[Requirement] In the records below, the line with "nodes).trie ↔ Listed nodes features t" opens the range and the line with "let (matches, e, h)" closes it; print that range exactly and nothing else.

[Collected data]
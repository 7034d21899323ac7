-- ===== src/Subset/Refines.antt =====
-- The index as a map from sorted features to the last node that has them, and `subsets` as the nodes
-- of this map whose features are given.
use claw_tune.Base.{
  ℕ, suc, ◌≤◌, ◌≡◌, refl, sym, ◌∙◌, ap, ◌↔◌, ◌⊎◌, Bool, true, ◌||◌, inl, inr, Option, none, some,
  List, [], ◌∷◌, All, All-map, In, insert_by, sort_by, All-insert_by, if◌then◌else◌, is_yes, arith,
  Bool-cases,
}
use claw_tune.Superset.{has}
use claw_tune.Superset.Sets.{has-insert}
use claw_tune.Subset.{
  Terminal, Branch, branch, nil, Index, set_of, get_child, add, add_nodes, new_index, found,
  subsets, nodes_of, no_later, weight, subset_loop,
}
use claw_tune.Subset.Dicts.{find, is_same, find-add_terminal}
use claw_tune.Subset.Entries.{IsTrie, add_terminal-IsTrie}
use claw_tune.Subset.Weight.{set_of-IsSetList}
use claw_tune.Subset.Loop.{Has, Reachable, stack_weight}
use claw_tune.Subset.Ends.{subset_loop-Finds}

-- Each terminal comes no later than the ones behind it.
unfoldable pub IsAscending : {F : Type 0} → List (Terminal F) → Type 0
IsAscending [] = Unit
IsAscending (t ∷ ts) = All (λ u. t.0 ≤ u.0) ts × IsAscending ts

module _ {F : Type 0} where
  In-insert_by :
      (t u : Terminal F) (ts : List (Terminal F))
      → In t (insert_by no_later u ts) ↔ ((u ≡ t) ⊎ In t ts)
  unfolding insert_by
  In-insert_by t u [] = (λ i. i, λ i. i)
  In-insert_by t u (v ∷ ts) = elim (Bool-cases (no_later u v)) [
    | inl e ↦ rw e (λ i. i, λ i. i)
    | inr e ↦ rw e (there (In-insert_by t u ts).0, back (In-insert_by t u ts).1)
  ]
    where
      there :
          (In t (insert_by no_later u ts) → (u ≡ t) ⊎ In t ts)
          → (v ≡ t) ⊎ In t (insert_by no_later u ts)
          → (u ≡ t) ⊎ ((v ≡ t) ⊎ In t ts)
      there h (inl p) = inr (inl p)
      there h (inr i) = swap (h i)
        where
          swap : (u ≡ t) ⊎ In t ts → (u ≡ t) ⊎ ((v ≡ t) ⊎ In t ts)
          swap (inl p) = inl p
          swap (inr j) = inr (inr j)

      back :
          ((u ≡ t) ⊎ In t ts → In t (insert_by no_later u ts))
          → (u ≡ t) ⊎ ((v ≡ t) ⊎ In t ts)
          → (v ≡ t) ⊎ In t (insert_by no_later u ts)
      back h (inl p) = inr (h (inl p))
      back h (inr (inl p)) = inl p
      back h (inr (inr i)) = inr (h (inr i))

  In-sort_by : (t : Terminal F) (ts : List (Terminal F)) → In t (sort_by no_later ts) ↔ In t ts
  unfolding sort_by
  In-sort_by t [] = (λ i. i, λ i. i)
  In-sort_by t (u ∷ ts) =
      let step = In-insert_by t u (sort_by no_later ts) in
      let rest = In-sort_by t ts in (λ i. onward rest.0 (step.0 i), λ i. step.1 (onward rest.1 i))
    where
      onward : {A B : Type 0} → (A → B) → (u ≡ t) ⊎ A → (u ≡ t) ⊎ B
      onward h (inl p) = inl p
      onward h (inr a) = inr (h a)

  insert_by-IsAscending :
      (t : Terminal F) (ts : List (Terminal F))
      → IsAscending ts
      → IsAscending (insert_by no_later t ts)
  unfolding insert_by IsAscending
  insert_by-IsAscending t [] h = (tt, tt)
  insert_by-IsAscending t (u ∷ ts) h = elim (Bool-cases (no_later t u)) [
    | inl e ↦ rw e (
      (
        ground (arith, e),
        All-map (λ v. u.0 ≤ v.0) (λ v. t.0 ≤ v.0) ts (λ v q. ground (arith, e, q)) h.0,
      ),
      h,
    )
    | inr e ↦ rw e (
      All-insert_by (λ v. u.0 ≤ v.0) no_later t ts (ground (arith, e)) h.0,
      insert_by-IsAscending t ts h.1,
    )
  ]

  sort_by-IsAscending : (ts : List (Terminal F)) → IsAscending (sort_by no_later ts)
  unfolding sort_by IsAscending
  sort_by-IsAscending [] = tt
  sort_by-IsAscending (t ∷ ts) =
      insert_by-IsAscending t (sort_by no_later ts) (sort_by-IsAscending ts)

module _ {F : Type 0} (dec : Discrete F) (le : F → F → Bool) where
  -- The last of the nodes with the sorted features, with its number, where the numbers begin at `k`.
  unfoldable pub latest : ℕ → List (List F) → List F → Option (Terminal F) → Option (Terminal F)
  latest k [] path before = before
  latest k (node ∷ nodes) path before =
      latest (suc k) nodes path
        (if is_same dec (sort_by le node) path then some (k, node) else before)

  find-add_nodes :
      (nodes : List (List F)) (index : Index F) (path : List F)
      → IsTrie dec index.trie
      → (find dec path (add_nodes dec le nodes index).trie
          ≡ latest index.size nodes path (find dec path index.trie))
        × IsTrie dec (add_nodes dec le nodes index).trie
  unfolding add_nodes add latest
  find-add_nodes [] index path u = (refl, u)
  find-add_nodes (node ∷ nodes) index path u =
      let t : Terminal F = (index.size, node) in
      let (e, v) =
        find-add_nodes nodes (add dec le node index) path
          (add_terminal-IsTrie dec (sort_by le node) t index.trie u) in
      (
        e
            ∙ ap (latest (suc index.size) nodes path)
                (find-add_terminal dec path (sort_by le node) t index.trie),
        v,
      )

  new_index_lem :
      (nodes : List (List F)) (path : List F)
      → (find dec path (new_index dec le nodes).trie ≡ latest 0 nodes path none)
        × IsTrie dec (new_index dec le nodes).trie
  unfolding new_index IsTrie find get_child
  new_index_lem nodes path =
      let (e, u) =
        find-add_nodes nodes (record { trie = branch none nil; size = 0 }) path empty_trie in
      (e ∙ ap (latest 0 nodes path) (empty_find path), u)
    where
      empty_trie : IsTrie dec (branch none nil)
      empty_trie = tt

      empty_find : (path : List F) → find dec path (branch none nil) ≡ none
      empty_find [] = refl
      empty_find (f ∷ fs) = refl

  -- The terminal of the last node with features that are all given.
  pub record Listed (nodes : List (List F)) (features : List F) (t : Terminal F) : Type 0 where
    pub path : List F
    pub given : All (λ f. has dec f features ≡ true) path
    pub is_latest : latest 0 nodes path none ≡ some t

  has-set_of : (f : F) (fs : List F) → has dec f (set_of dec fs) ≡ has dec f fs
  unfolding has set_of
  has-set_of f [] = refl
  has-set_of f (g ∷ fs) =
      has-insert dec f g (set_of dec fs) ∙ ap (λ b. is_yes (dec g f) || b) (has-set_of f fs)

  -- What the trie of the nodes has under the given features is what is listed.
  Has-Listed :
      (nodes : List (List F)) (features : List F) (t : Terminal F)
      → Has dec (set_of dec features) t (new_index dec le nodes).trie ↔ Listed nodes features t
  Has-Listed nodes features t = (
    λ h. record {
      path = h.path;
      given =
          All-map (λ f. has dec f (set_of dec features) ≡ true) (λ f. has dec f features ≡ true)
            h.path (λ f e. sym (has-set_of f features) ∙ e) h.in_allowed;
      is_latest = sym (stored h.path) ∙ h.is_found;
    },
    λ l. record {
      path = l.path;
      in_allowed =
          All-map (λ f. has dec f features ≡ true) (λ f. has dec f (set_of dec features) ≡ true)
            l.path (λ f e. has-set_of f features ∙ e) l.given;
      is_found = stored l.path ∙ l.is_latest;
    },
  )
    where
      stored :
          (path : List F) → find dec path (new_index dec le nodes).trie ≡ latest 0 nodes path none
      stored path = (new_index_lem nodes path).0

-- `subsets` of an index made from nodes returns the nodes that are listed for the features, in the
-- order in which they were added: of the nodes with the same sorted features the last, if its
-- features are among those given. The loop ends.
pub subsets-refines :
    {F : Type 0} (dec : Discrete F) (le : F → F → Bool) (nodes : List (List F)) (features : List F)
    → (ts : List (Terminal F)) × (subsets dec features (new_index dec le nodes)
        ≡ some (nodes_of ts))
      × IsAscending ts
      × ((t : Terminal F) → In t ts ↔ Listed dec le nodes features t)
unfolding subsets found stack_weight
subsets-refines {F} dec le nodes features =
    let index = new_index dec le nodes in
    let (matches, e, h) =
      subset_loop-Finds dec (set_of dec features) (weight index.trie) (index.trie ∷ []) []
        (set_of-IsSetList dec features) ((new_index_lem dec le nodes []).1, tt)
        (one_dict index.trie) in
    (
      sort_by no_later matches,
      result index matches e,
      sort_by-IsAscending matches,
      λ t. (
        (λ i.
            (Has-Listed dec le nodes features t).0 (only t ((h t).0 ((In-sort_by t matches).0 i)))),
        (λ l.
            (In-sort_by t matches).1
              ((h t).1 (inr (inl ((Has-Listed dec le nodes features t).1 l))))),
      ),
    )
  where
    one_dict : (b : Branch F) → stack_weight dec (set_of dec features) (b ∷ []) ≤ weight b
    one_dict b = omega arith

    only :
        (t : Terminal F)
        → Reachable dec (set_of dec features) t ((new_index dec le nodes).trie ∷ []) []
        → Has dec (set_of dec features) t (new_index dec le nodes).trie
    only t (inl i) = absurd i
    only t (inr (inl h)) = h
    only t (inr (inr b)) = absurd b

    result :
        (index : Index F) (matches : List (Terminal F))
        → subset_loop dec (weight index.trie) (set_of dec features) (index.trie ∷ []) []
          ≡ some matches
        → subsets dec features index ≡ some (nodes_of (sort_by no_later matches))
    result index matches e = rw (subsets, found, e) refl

[Answer below]
      → Has dec (set_of dec features) t (new_index dec le nodes).trie ↔ Listed nodes features t
  Has-Listed nodes features t = (
    λ h. record {
      path = h.path;
      given =
          All-map (λ f. has dec f (set_of dec features) ≡ true) (λ f. has dec f features ≡ true)
            h.path (λ f e. sym (has-set_of f features) ∙ e) h.in_allowed;
      is_latest = sym (stored h.path) ∙ h.is_found;
    },
    λ l. record {
      path = l.path;
      in_allowed =
          All-map (λ f. has dec f features ≡ true) (λ f. has dec f (set_of dec features) ≡ true)
            l.path (λ f e. has-set_of f features ∙ e) l.given;
      is_found = stored l.path ∙ l.is_latest;
    },
  )
    where
      stored :
          (path : List F) → find dec path (new_index dec le nodes).trie ≡ latest 0 nodes path none
      stored path = (new_index_lem nodes path).0

-- `subsets` of an index made from nodes returns the nodes that are listed for the features, in the
-- order in which they were added: of the nodes with the same sorted features the last, if its
-- features are among those given. The loop ends.
pub subsets-refines :
    {F : Type 0} (dec : Discrete F) (le : F → F → Bool) (nodes : List (List F)) (features : List F)
    → (ts : List (Terminal F)) × (subsets dec features (new_index dec le nodes)
        ≡ some (nodes_of ts))
      × IsAscending ts
      × ((t : Terminal F) → In t ts ↔ Listed dec le nodes features t)
unfolding subsets found stack_weight
subsets-refines {F} dec le nodes features =
    let index = new_index dec le nodes in
    let (matches, e, h) =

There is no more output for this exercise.